Work task: Everything in the listing below from the line containing "filename src/Config/Validate/Domains.antt" through the line containing "pub highest : number ≤ 65535" must be repeated exactly; the remaining lines are not wanted.

Data under study:

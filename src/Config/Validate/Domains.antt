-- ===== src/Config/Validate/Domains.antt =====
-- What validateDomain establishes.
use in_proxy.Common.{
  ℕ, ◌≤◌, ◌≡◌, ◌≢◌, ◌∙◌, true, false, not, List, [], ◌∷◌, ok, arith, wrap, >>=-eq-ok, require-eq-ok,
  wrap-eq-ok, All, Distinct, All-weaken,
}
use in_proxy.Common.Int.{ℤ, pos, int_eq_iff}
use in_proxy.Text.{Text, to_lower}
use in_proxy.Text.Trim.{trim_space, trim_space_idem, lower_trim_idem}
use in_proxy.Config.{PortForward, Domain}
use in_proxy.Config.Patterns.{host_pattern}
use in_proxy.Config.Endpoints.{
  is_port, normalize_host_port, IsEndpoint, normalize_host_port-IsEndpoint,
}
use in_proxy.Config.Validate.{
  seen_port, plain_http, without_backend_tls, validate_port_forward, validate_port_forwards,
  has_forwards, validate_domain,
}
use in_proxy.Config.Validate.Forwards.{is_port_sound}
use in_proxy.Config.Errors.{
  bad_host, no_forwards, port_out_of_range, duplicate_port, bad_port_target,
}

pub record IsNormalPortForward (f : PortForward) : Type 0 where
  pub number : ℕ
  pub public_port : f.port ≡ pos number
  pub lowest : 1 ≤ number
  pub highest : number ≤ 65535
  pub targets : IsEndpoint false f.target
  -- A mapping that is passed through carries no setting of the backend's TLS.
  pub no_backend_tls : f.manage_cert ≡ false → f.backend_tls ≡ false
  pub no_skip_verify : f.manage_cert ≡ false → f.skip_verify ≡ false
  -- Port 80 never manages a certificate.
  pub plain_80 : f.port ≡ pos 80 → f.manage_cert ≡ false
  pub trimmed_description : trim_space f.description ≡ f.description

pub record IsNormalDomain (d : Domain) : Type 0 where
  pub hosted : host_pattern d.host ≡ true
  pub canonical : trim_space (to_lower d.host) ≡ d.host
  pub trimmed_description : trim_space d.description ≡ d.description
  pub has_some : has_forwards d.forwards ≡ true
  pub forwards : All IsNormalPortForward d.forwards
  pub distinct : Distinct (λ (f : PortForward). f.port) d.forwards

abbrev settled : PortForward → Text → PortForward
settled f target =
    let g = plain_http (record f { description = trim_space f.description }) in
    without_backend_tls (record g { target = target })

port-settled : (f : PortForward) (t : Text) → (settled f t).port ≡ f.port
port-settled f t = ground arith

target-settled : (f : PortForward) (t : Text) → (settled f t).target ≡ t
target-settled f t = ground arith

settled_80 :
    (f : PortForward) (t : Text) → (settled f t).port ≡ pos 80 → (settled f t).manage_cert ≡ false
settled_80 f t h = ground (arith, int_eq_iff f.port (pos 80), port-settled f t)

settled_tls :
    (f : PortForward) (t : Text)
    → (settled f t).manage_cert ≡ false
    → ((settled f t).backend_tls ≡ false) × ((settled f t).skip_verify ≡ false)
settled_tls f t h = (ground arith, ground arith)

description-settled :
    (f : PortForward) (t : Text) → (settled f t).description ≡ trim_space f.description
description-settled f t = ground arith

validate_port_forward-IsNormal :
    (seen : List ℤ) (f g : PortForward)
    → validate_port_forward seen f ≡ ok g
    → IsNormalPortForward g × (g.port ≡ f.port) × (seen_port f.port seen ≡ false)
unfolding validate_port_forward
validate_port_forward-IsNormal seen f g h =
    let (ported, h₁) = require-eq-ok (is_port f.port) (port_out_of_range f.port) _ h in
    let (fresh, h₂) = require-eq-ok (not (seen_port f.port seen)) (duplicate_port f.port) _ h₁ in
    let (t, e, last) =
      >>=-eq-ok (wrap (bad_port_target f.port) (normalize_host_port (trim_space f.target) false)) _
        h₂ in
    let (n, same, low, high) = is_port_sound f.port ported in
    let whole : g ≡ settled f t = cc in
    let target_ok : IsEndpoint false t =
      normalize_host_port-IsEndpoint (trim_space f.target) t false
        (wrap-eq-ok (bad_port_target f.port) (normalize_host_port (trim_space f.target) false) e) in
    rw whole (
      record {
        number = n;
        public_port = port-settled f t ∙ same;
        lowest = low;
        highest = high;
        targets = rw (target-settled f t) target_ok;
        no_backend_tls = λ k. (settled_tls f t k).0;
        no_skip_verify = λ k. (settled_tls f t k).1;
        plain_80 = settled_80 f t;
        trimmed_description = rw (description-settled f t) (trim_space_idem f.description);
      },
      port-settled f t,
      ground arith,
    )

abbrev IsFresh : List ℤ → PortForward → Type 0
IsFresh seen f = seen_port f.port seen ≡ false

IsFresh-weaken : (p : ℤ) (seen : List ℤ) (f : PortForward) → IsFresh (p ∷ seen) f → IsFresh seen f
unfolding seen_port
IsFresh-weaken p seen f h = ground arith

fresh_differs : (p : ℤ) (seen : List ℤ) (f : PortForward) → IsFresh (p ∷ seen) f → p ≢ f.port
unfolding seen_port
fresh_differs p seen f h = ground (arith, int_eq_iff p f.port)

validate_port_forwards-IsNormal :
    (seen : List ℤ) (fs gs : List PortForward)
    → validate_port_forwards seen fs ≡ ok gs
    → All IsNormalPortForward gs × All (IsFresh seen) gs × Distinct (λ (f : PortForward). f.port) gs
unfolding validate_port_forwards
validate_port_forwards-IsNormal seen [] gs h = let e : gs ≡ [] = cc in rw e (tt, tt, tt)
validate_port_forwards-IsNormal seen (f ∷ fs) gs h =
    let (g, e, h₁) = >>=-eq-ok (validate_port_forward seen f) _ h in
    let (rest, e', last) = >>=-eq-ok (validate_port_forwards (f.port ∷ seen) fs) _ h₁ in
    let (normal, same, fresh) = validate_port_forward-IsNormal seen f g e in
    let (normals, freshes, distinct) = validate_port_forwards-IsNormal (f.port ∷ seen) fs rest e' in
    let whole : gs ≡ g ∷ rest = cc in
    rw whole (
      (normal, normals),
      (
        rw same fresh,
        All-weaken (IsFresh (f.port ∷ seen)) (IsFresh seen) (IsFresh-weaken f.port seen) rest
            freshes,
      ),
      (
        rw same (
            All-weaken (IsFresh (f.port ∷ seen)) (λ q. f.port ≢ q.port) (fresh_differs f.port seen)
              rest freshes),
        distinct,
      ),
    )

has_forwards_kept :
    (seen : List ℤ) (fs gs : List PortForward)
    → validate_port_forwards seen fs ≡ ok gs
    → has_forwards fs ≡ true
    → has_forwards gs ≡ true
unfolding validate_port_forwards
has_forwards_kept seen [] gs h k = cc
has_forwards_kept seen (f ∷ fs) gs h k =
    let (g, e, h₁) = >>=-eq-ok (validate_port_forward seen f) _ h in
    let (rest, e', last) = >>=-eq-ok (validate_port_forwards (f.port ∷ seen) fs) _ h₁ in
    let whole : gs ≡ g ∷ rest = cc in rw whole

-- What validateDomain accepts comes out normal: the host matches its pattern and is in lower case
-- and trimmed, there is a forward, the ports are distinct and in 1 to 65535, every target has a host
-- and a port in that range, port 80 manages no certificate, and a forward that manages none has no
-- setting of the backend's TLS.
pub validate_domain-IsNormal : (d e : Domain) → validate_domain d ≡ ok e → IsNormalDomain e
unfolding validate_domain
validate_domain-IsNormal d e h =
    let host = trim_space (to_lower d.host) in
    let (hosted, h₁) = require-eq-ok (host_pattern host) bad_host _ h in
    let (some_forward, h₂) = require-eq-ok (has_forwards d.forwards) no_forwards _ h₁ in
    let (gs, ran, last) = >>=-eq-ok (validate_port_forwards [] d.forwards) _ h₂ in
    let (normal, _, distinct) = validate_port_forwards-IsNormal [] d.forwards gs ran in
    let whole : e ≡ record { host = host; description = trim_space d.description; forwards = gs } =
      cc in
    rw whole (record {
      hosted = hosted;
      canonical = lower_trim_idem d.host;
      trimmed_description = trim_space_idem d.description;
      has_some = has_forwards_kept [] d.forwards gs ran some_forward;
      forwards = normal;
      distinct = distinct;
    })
==
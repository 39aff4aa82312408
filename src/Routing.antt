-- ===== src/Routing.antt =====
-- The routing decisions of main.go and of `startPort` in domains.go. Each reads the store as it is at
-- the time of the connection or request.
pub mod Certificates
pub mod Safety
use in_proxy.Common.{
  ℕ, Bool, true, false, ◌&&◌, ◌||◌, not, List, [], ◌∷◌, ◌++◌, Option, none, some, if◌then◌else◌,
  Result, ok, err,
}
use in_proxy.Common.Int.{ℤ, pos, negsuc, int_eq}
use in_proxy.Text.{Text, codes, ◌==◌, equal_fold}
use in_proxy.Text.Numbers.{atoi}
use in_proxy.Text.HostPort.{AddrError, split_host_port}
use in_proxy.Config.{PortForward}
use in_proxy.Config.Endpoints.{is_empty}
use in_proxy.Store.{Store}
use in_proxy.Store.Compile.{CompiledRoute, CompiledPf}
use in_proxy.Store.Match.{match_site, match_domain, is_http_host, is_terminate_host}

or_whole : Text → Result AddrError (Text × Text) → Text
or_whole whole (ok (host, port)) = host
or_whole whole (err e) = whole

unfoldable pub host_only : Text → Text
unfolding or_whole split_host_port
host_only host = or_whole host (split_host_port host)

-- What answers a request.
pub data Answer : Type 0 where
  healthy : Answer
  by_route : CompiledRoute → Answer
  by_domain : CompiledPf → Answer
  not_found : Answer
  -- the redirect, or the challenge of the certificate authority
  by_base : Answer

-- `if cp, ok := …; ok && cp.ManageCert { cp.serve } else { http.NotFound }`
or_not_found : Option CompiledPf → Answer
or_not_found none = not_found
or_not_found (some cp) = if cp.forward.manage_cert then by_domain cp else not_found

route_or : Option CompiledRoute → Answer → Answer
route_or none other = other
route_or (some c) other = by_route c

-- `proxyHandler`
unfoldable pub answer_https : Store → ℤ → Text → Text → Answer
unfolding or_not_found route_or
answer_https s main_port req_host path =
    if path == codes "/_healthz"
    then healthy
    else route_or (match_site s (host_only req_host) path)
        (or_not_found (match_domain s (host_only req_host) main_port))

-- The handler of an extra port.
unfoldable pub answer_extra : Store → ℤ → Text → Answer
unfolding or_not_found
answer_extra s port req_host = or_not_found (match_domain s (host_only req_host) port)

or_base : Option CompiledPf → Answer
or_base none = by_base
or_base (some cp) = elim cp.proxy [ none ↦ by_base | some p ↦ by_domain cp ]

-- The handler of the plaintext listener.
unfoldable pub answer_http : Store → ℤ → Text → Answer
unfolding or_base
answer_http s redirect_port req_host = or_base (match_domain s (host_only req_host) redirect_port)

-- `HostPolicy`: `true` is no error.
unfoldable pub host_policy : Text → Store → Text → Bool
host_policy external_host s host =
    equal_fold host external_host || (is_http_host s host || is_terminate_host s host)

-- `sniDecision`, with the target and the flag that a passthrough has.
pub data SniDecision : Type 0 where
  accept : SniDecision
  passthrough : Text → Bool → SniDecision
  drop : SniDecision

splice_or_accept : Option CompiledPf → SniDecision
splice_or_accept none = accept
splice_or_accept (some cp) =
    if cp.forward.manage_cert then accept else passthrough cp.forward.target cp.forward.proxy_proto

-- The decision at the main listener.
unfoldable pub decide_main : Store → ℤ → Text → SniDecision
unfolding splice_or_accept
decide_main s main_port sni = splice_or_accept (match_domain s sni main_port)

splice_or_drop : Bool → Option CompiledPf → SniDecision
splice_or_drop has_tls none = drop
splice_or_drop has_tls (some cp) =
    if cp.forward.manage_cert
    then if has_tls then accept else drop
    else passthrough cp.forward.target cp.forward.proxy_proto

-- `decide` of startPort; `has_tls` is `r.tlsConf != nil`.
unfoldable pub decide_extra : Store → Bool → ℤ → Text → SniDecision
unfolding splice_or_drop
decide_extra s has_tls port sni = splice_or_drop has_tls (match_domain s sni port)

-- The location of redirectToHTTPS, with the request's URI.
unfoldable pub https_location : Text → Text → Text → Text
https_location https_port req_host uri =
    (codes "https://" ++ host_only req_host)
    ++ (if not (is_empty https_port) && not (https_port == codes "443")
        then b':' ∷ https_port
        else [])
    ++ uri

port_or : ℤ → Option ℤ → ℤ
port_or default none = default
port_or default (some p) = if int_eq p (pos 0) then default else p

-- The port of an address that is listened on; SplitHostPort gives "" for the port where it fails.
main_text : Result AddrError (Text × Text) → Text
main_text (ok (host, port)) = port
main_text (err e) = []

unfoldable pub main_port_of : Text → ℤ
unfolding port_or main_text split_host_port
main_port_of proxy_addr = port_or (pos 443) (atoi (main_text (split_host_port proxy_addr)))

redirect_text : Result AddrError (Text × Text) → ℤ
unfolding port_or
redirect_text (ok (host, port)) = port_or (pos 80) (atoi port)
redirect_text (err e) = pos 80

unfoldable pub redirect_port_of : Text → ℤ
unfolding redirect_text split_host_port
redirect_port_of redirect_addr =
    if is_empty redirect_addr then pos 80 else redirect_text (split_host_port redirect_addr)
* * *
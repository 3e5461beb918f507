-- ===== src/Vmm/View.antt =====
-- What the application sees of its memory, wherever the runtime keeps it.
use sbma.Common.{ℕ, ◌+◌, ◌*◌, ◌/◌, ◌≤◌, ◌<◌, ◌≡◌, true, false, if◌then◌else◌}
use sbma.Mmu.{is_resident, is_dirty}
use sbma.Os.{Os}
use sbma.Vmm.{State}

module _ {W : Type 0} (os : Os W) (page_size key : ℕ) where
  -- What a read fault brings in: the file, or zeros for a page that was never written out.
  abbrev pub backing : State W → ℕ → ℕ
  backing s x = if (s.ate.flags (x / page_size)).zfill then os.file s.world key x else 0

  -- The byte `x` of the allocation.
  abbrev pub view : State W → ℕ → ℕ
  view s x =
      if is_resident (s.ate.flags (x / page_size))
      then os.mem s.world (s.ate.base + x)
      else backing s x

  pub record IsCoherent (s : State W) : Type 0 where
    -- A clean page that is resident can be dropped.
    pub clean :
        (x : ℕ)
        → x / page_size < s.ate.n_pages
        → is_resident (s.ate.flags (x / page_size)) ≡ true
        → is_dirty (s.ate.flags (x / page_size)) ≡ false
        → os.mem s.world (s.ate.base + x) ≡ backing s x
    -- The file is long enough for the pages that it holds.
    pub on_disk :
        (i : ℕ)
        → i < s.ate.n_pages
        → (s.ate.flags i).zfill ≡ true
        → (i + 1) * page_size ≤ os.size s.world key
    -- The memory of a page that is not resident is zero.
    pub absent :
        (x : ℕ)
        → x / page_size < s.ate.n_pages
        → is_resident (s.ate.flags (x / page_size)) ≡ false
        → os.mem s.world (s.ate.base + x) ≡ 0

Response to this exercise:
filename src/Config/Validate/Domains.antt
-- ===== src/Config/Validate/Domains.antt =====
-- What validateDomain establishes.
use in_proxy.Common.{
  ℕ, ◌≤◌, ◌≡◌, ◌≢◌, ◌∙◌, true, false, not, List, [], ◌∷◌, ok, arith, wrap, >>=-eq-ok, require-eq-ok,
  wrap-eq-ok, All, Distinct, All-weaken,
}
use in_proxy.Common.Int.{ℤ, pos, int_eq_iff}
use in_proxy.Text.{Text, to_lower}
use in_proxy.Text.Trim.{trim_space, trim_space_idem, lower_trim_idem}
use in_proxy.Config.{PortForward, Domain}
use in_proxy.Config.Patterns.{host_pattern}
use in_proxy.Config.Endpoints.{
  is_port, normalize_host_port, IsEndpoint, normalize_host_port-IsEndpoint,
}
use in_proxy.Config.Validate.{
  seen_port, plain_http, without_backend_tls, validate_port_forward, validate_port_forwards,
  has_forwards, validate_domain,
}
use in_proxy.Config.Validate.Forwards.{is_port_sound}
use in_proxy.Config.Errors.{
  bad_host, no_forwards, port_out_of_range, duplicate_port, bad_port_target,
}

pub record IsNormalPortForward (f : PortForward) : Type 0 where
  pub number : ℕ
  pub public_port : f.port ≡ pos number
  pub lowest : 1 ≤ number
  pub highest : number ≤ 65535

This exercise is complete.